═════ Input data
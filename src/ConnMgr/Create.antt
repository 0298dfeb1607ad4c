-- ===== src/ConnMgr/Create.antt =====
-- `connmgr_create_new_conn`: a context in the queue of connections to come, or why there is none.
use multithreaded_c_server.Common.{
  ℕ, ◌≡◌, ap, sym, subst, ◌⊎◌, inl, inr, true, false, Bool-cases, Option-cases, arith, Option, none,
  negsuc, failure, some, List, Ptr, Malloc, MallocLaw, ℤ, pos, success, is_some, is_zero, Byte,
  if◌then◌else◌,
}
use multithreaded_c_server.Conn.{Conn, inbound_conn, read_header, header_size}
use multithreaded_c_server.EzQueue.{EzQueue, grown}
use multithreaded_c_server.EzQueue.Contents as QueueOf
use multithreaded_c_server.EzQueue.Fifo
use multithreaded_c_server.EzQueue.Fifo.{Fifo}
use multithreaded_c_server.EzQueue.Refine.{as_fifo, enqueue_refines}
use multithreaded_c_server.ConnMgr.{ConnMgr, World, update, ConnMemory, create_new_conn}

-- A context that waits for the header of its first message.
abbrev pub fresh_conn : ℕ → List Byte → List Byte → Conn
fresh_conn fd p_recv_buf p_send_buf = record {
  type = inbound_conn;
  ref_count = pos 0;
  fd = pos fd;
  p_recv_buf = p_recv_buf;
  bytes_read = 0;
  bytes_to_read = header_size;
  p_send_buf = p_send_buf;
  bytes_sent = 0;
  bytes_to_send = 0;
  state = read_header;
}

-- What the abstract queue's answer to the new context makes of a call.
abbrev pub Creates :
    ConnMgr → World → Ptr → Conn → ℤ × Fifo → Option (ℤ × Option ConnMgr × World) → Type 0
Creates mgr w p c answer out =
    (q' : EzQueue) × (out
      ≡ some (
        answer.0,
        some (record mgr { p_new_conns = some q' }),
        if is_zero answer.0 then record w { contexts = update w.contexts p (some c) } else w,
      ))
    × QueueOf.IsValid q'
    × (as_fifo q' ≡ answer.1)

-- With memory for its parts, an inbound connection is queued as the abstract queue says: its
-- context, ready to read a header, is then on the heap, and where the queue refuses it the call
-- reports that, and the heap is as before.
pub create_new_conn-Creates :
    (malloc : Malloc Ptr) (memory : ConnMemory) (fd : ℕ) (mgr : ConnMgr) (w : World) {q : EzQueue}
    {p : Ptr} {blank : Conn} {p_recv_buf p_send_buf : List Byte}
    → MallocLaw malloc
    → mgr.p_new_conns ≡ some q
    → QueueOf.IsValid q
    → memory.ctx ≡ some (p, blank)
    → memory.mutex_res ≡ success
    → memory.recv_buf ≡ some p_recv_buf
    → memory.send_buf ≡ some p_send_buf
    → Creates mgr w p
        (fresh_conn fd p_recv_buf p_send_buf)
        (Fifo.put (is_some (malloc (grown q.max_items))) (as_fifo q) p)
        (create_new_conn malloc memory (pos fd) (some mgr) inbound_conn w)
unfolding create_new_conn
create_new_conn-Creates malloc memory fd mgr w {q} {p} law queue valid ctx mutex recv send =
    let (q', done, valid', same) = enqueue_refines malloc p law valid in
    (
      q',
      elim (Bool-cases
          (is_zero (Fifo.put (is_some (malloc (grown q.max_items))) (as_fifo q) p).0)) [
            | inl e ↦ rw (ctx, mutex, recv, send, queue, done, e)
            | inr e ↦ rw (ctx, mutex, recv, send, queue, done, e)
          ],
      valid',
      same,
    )

is_zero-success : (res : ℤ) → is_zero res ≡ true → res ≡ success
is_zero-success (pos n) e = ap pos (ground (arith, e))
is_zero-success (negsuc n) e = absurd cc

module _ (malloc : Malloc Ptr) (memory : ConnMemory) (fd : ℕ) (mgr : ConnMgr) (w : World)
    (q : EzQueue) where
  -- How a call for an inbound connection ends.
  pub data CreateEnds : Option (ℤ × Option ConnMgr × World) → Type 0 where
    no_context : memory.ctx ≡ none → CreateEnds (some (failure, some mgr, w))
    no_mutex :
        {p : Ptr} {blank : Conn}
        → memory.ctx ≡ some (p, blank)
        → is_zero memory.mutex_res ≡ false
        → CreateEnds (some (memory.mutex_res, some mgr, w))
    unreported :
        {p : Ptr} {blank : Conn}
        → memory.ctx ≡ some (p, blank)
        → memory.mutex_res ≡ success
        → (memory.recv_buf ≡ none) ⊎ (memory.send_buf ≡ none)
        → CreateEnds (some (success, some mgr, w))
    answered :
        {p : Ptr} {blank : Conn} {p_recv_buf p_send_buf : List Byte}
        {out : Option (ℤ × Option ConnMgr × World)}
        → memory.ctx ≡ some (p, blank)
        → memory.mutex_res ≡ success
        → memory.recv_buf ≡ some p_recv_buf
        → memory.send_buf ≡ some p_send_buf
        → Creates mgr w p
            (fresh_conn fd p_recv_buf p_send_buf)
            (Fifo.put (is_some (malloc (grown q.max_items))) (as_fifo q) p)
            out
        → CreateEnds out

  -- What `connmgr_create_new_conn` reports of an inbound connection with a descriptor that is not
  -- negative, whatever the allocations and
  -- the mutex call return: an error if there is no context or no mutex, what the abstract queue
  -- says if there is everything, but success if only a buffer is missing, though there is then no
  -- new connection and nothing has changed. The queue is valid and malloc keeps its contract.
  pub create_new_conn-CreateEnds :
      MallocLaw malloc
      → mgr.p_new_conns ≡ some q
      → QueueOf.IsValid q
      → CreateEnds (create_new_conn malloc memory (pos fd) (some mgr) inbound_conn w)
  unfolding create_new_conn
  create_new_conn-CreateEnds law queue valid = elim (Option-cases memory.ctx) [
    | inl e ↦ subst CreateEnds (rw e) (no_context e)
    | inr ((p, blank), e) ↦ elim (Bool-cases (is_zero memory.mutex_res)) [
      | inr bad ↦ subst CreateEnds (rw (e, bad)) (no_mutex e bad)
      | inl good ↦
          let ok : memory.mutex_res ≡ success = is_zero-success memory.mutex_res good in
          elim (Option-cases memory.recv_buf) [
            | inl no_recv ↦
                subst CreateEnds (rw (e, good, no_recv, sym ok)) (unreported e ok (inl no_recv))
            | inr (recv, some_recv) ↦ elim (Option-cases memory.send_buf) [
              | inl no_send ↦
                  subst CreateEnds (rw (e, good, some_recv, no_send, sym ok))
                    (unreported e ok (inr no_send))
              | inr (send, some_send) ↦ answered e ok some_recv some_send (
                  create_new_conn-Creates malloc memory fd mgr w law queue valid e ok some_recv
                    some_send)
            ]
          ]
    ]
  ]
══════════
Extract all lines from the data in which "antt" is found.

Answer for the task ->
filename src/ConnMgr/Create.antt
-- ===== src/ConnMgr/Create.antt =====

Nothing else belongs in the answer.